Сохранялась, однако, одна неприятность. Как быть с французскими войсками в Руане? Не перехватят ли они англичан в походе? Судя по карте, такая возможность существовала. Руан находился на 30 миль ближе к Кале, чем Арфлер. Но опасность такого перехвата могла быть сведена к минимуму, если не произойдет утечки информации о времени выступления англичан в поход. Более того, выступление французов из Руана едва ли могло произойти без предварительного разрешения коннетабля Франции, который на тот момент находился в Гонфлере, в 30 милях от Руана. Как мы уже знаем, на самом деле и Бусико и д'Альбре двигались в Руан, но об этом не знали английские разведчики, которых отделяло от дороги, по которой двигался коннетабль, широкое устье Сены. Далее, Генрих мог с большим основанием рассчитывать на то, что войска в Руане не посмеют атаковать его армию без поддержки основных сил французов. Как мы увидим, расчеты Генриха были обоснованны. Могли возникнуть другие непредвиденные обстоятельства, когда войска в Руане могли выйти к реке Сомме, форсировать ее и занять позиции на противоположном берегу.

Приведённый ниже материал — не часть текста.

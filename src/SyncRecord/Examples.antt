-- ===== src/SyncRecord/Examples.antt =====
-- A record with rich text.
use arcrelay_protocol.Prelude.{
  bytes_discrete, ◌≡◌, refl, false, none, some, Bytes, bytes_eq, nat_eq, bytes, ◌++◌,
}
use arcrelay_protocol.Prelude.Int.{ℤ, pos, negsuc}
use arcrelay_protocol.BlobStore.{BlobRef}
use arcrelay_protocol.SyncRecord.{
  ClipboardContentKind, html, other_kind, ClipboardSyncChangeKind, change, change_unspecified,
  Payload, rich_text, ClipboardSyncRecord, validate_clipboard_sync_record,
}
use arcrelay_protocol.SyncRecord.Payloads.{
  IsAddressed, to_html, IsSynchronizable, validate_clipboard_sync_record-IsAddressed,
  validate_clipboard_sync_record-IsSynchronizable,
}

abbrev kinds : ℤ → ClipboardContentKind
kinds (pos n) = html
kinds (negsuc n) = other_kind

abbrev changes : ℤ → ClipboardSyncChangeKind
changes (pos n) = change n
changes (negsuc n) = change_unspecified

abbrev half : Bytes
half = bytes "0123456789abcdefABCDEF9876543210"

abbrev page : BlobRef
page = record {
  blob_id = half;
  size = 12;
  media_type = bytes "text/html; charset=utf-8";
  sha256 = half;
}

abbrev marked_up : Payload
marked_up = rich_text (record { plain_text = bytes "hello"; html = some page; rtf = none })

abbrev copied : ClipboardSyncRecord
copied = record {
  sync_id = half ++ half;
  revision = 3;
  favorite_revision = 1;
  labels = 0;
  label_memberships = 0;
  preview = bytes "hello";
  captured_at_ms = pos 1000;
  kind = pos 2;
  change_kind = pos 1;
  deleted = false;
  payload = some marked_up;
}

copied_valid : validate_clipboard_sync_record kinds changes 900 copied ≡ none
unfolding validate_clipboard_sync_record bytes_discrete
copied_valid = refl

validate_clipboard_sync_record-IsAddressed_example : IsAddressed page
validate_clipboard_sync_record-IsAddressed_example =
    validate_clipboard_sync_record-IsAddressed kinds changes 900 copied marked_up page copied_valid
      refl (to_html refl)

validate_clipboard_sync_record-IsSynchronizable_example : IsSynchronizable kinds changes 900 copied
validate_clipboard_sync_record-IsSynchronizable_example =
    validate_clipboard_sync_record-IsSynchronizable kinds changes 900 copied copied_valid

Словом, в плане действий англичан таился риск, но ни одна военная операция не обходится без риска. Ее исход зависит от человеческого фактора, часто также от условий местности и погоды. На войне без риска ничего нельзя добиться, а в данном случае было за что бороться. Альтернативой было возвращение в Англию. В обоих странах это было бы истолковано как поражение, престижу короля был бы нанесен непоправимый ущерб, мог бы произойти даже государственный переворот, а король заменен его законным наследником, графом Марчем. В любом случае условия будущего вторжения во Францию были бы хуже. С другой стороны, если бы поход Генриха удался, он оживил бы в памяти аналогичные походы, прославившие англичан во время правления Эдуарда III. Это показало бы, что английская армия была способна перемещаться на территории, которую считает своей, в любом направлении. С двумя надежными плацдармами на северном побережье Франции сложились бы благоприятные предпосылки для дальнейшего продвижения в глубь обетованной земли. Все это требовало риска. Как справедливо заметил военачальник Вульф: «На войне что-то необходимо оставить на волю случая и судьбы, сознавая, что это опасно и является трудным выбором».
Суммируя все это, Генрих V, располагая теми сведениями, которые были в его распоряжении, пошел, как мне представляется, на допустимый и оправданный риск.
* * *Выбор состоялся: английской армии следовало попытаться дойти до Кале по суше. Король Генрих выражал желание сразиться во время похода с французской армией, но вместе с тем принял меры, чтобы двигаться «налегке» и как можно быстрее добраться до Кале. Возникает впечатление, что эти два желания противоречили друг другу. Как это объяснить? До этого слова короля соответствовали делам. Он вызывал дофина на поединок и ждал восемь дней в Арфлере ответа. Такой вызов очевидно не похож на действие человека, желающего увильнуть от опасности, однако последнее решение заставляет заподозрить это. Полагаю, объяснение противоречия состоит в том, что король слегка изменил свой план в результате позиции, занятой большинством участников военного совета. Они подчеркивали опасности, связанные с предполагаемым маршем на Кале, и, чтобы учесть их опасения, король считал себя связанным с необходимостью свести к минимуму возможность прямого столкновения с французской армией. Только это, по моему мнению, объясняет очевидную аномалию.
Упомянутый вызов требует пояснения. Король Генрих вызвал на поединок дофина (отец которого был полубезумным) , чтобы избежать кровопролития в столкновении армий. Победитель должен был после смерти Карла VI получить в наследство французское королевство. Трудно предположить, что Генрих ожидал принятия вызова таким зеленым юнцом, как дофин. Для нас такой вызов ассоциируется со школьной стычкой, когда более сильный парень вызывает помериться силами более слабого. Но современники той эпохи воспринимали его по-другому. Для них это было «боевое испытание». Бог должен был отдать победу достойному претенденту – возможно, скорее Давиду, чем Голиафу, – «Бог стоит за правду». Генрих был глубоко религиозным человеком, или, как мы сказали бы сегодня, суеверным. Он был фанатично уверен в правоте своих претензий на французскую корону. Он был убежден, что Всемогущий дарует ему победу в личном поединке или в столкновении армий. Более того, он следовал примеру своего уважаемого предка, который не раз вызывал короля Франции на поединок с целью «избежать бесполезного кровопролития», – и столь же безуспешно. Важность вызова на поединок состоит в том, что он раскрывает, по мнению Рамсея, конечную цель Генриха стать королем всей Франции, претензию, с которой он никогда не выступал официально.